Shanghai A weekly log chart with lin fibo

[attachmentid=95329]
alceringa
foxy,

Aren't the A Shares restricted to China Mainland Accounts, no round eyes allowed?


Jetlag
"But Google is painting a starkly different picture, asserting that Microsoft will be able to stifle innovation and leverage its dominating Windows operating system to set up personal computers so consumers are automatically steered to online services, such as e-mail and instant messaging, controlled by the world's largest software maker."

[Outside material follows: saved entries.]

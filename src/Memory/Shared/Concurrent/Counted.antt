-- ===== src/Memory/Shared/Concurrent/Counted.antt =====
-- The counts among threads: who holds a handle on a block, and who is about to end it.
use pipeline_tools.Prelude.{
  ℕ, zero, suc, ◌+◌, ◌≤◌, ◌<◌, ◌≡◌, ◌≢◌, false, Option, none, some, List, [], ◌∷◌, arith, ◌==◌,
  if◌then◌else◌, Bool-cases, inl, inr,
}
use pipeline_tools.Prelude.Store.{update, tally}
use pipeline_tools.Memory.Buffer.{ReleasedBuffer}
use pipeline_tools.Memory.Shared.{ControlBlock, parts}
use pipeline_tools.Memory.Shared.Counting.{points, ref_of}
use pipeline_tools.Memory.Shared.Concurrent.{
  After, keep, take_from, Pc, idle, constructing, assigning, dropping, last, deleting, cleared,
  exchanging, taking, taken, Var, System, reads,
}

-- The handles that a variable counts for: its own, and the one that an assignment has added.
abbrev pub held : ℕ → After → ℕ
held a (keep new) = points a new
held a (take_from j) = 0

abbrev pub owned : ℕ → Option ℕ → Pc → ℕ
owned a c idle = points a c
owned a c (constructing j) = 0
owned a c (assigning j x) = points a c
owned a c (dropping k) = points a c + held a k
owned a c (last k) = held a k
owned a c (deleting k) = held a k
owned a c (cleared k) = held a k
owned a c exchanging = points a c
owned a c taking = 0
owned a c (taken r) = 0

-- The variable is to run the deleter of the block or to take its parts out.
abbrev pub undecided : ℕ → Option ℕ → Pc → ℕ
undecided a c (last k) = points a c
undecided a c taking = points a c
undecided a c _ = 0

-- It has done so, and is to delete the block.
abbrev pub settled : ℕ → Option ℕ → Pc → ℕ
settled a c (deleting k) = points a c
settled a c (taken r) = points a c
settled a c _ = 0

abbrev pub own : ℕ → Var → ℕ
own a v = owned a v.ctrl v.pc

abbrev pub to_end : ℕ → Var → ℕ
to_end a v = undecided a v.ctrl v.pc

abbrev pub to_delete : ℕ → Var → ℕ
to_delete a v = settled a v.ctrl v.pc

-- A block whose count is zero is owed an end.
abbrev pub due : Option ControlBlock → ℕ
due none = 0
due (some b) = if b.ref == 0 then 1 else 0

-- The weight of the parts that a list of blocks has at the address `a`.
unfoldable pub weigh : (ReleasedBuffer → ℕ) → ℕ → List (ℕ × ReleasedBuffer) → ℕ
weigh f a [] = 0
weigh f a ((c, r) ∷ xs) = (if c == a then f r else 0) + weigh f a xs

abbrev pub weight : (ReleasedBuffer → ℕ) → Option ControlBlock → ℕ
weight f none = 0
weight f (some b) = f (parts b)

-- Each count is the number of handles; one variable is to end a block whose count is zero, and none a
-- block that has handles; what was made has been ended, was handed out, or is still there.
pub record CountsAt (n : ℕ) (f : ReleasedBuffer → ℕ) (s : System) (a : ℕ) : Type 0 where
  pub counted : ref_of (s.heap a) ≡ tally n (own a) s.vars
  pub ending : tally n (to_end a) s.vars + tally n (to_delete a) s.vars ≡ due (s.heap a)
  pub ledger :
      weigh f a s.made
      ≡ weigh f a s.ended
        + weigh f a s.given
        + (if tally n (to_delete a) s.vars == 0 then weight f (s.heap a) else 0)

-- A method that is to reach a block through a variable finds it there.
abbrev pub Sound : ℕ → (ℕ → Var) → Option ℕ → Pc → Type 0
Sound n v c (constructing j) = (j < n) × ((v j).pc ≡ idle) × ((v j).ctrl ≡ c) × (c ≢ none)
Sound n v c (assigning j x) = (j < n) × ((v j).pc ≡ idle) × ((v j).ctrl ≡ some x)
Sound n v c idle = Unit {0}
Sound n v c (cleared k) = Unit {0}
Sound n v c _ = c ≢ none

pub record Inv (n : ℕ) (f : ReleasedBuffer → ℕ) (s : System) : Type 0 where
  pub at : (a : ℕ) → CountsAt n f s a
  pub sound : (k : ℕ) → Sound n s.vars (s.vars k).ctrl (s.vars k).pc

owned-le : (a : ℕ) (v : Var) → own a v ≤ 2
owned-le a v = ground arith

tally-le : {A : Type 0} (n : ℕ) (f : A → ℕ) (s : ℕ → A) → ((x : A) → f x ≤ 2) → tally n f s ≤ n + n
unfolding tally
tally-le zero f s h = omega arith
tally-le (suc n) f s h = omega (arith, tally-le n f s h, h (s n))

pub tally-own : (n a : ℕ) (v : ℕ → Var) → tally n (own a) v ≤ n + n
tally-own n a v = tally-le n (own a) v (owned-le a)

Sound-set :
    (n : ℕ) (v : ℕ → Var) (i : ℕ) (x : Var) (c : Option ℕ) (p : Pc)
    → reads i p ≡ false
    → Sound n v c p
    → Sound n (update v i x) c p
unfolding update reads
Sound-set n v i x c p u w = ground arith

-- A variable that no method reads may change.
pub Sound-update :
    (n : ℕ) (v : ℕ → Var) (i : ℕ) (x : Var)
    → ((k : ℕ) → reads i (v k).pc ≡ false)
    → ((k : ℕ) → Sound n v (v k).ctrl (v k).pc)
    → Sound n (update v i x) x.ctrl x.pc
    → (k : ℕ) → Sound n (update v i x) (update v i x k).ctrl (update v i x k).pc
Sound-update n v i x u w new k = elim (Bool-cases (i == k)) [
  | inl e ↦ unfold update in rw e new
  | inr e ↦ let old = Sound-set n v i x (v k).ctrl (v k).pc (u k) (w k) in unfold update in rw e old
]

http://biz.yahoo.com/ap/080204/microsoft_google.html

Just bite back in the OS world, how hard can it be making a better OS than Vista with a Linux kernel? PC users are sick and tired of Mr Softy and they're craving for a knight in shinny armor to save them, they've even turned to Grapple for God sake! that's desperation written all over it.
Mies van der Rump
Loan market reels after Harrah’s upset

The leveraged loan market is beginning the week in “disarray” following the collapse of efforts to syndicate $14bn of the debt used to finance the $27.8bn buy-out of Harrah’s Entertainment, bankers say. The group of banks backing buyers Apollo Management and TPG are having trouble selling on the LBO debt to third parties, and with most of the debt remaining on their books, the banks are sitting on a sizeable loss. The freeze in the debt market means they now face larger potential losses on other big buy-outs, such as BCE and Clear Channel Communications, and will be more desperate to get out of financing commitments on those deals. Banks are already saddled with more than $150bn of unsyndicated debt, most of it LBO-related, according to S&P data. Harrah’s has $6bn of equity, making it less highly leveraged than many other buy-outs, which is one reason Goldman Sachs’ mezzanine fund swooped in and bought $1.2bn of Harrah’s bonds. Separately the FT’s Henny Sender examines Goldman’s role in the deal.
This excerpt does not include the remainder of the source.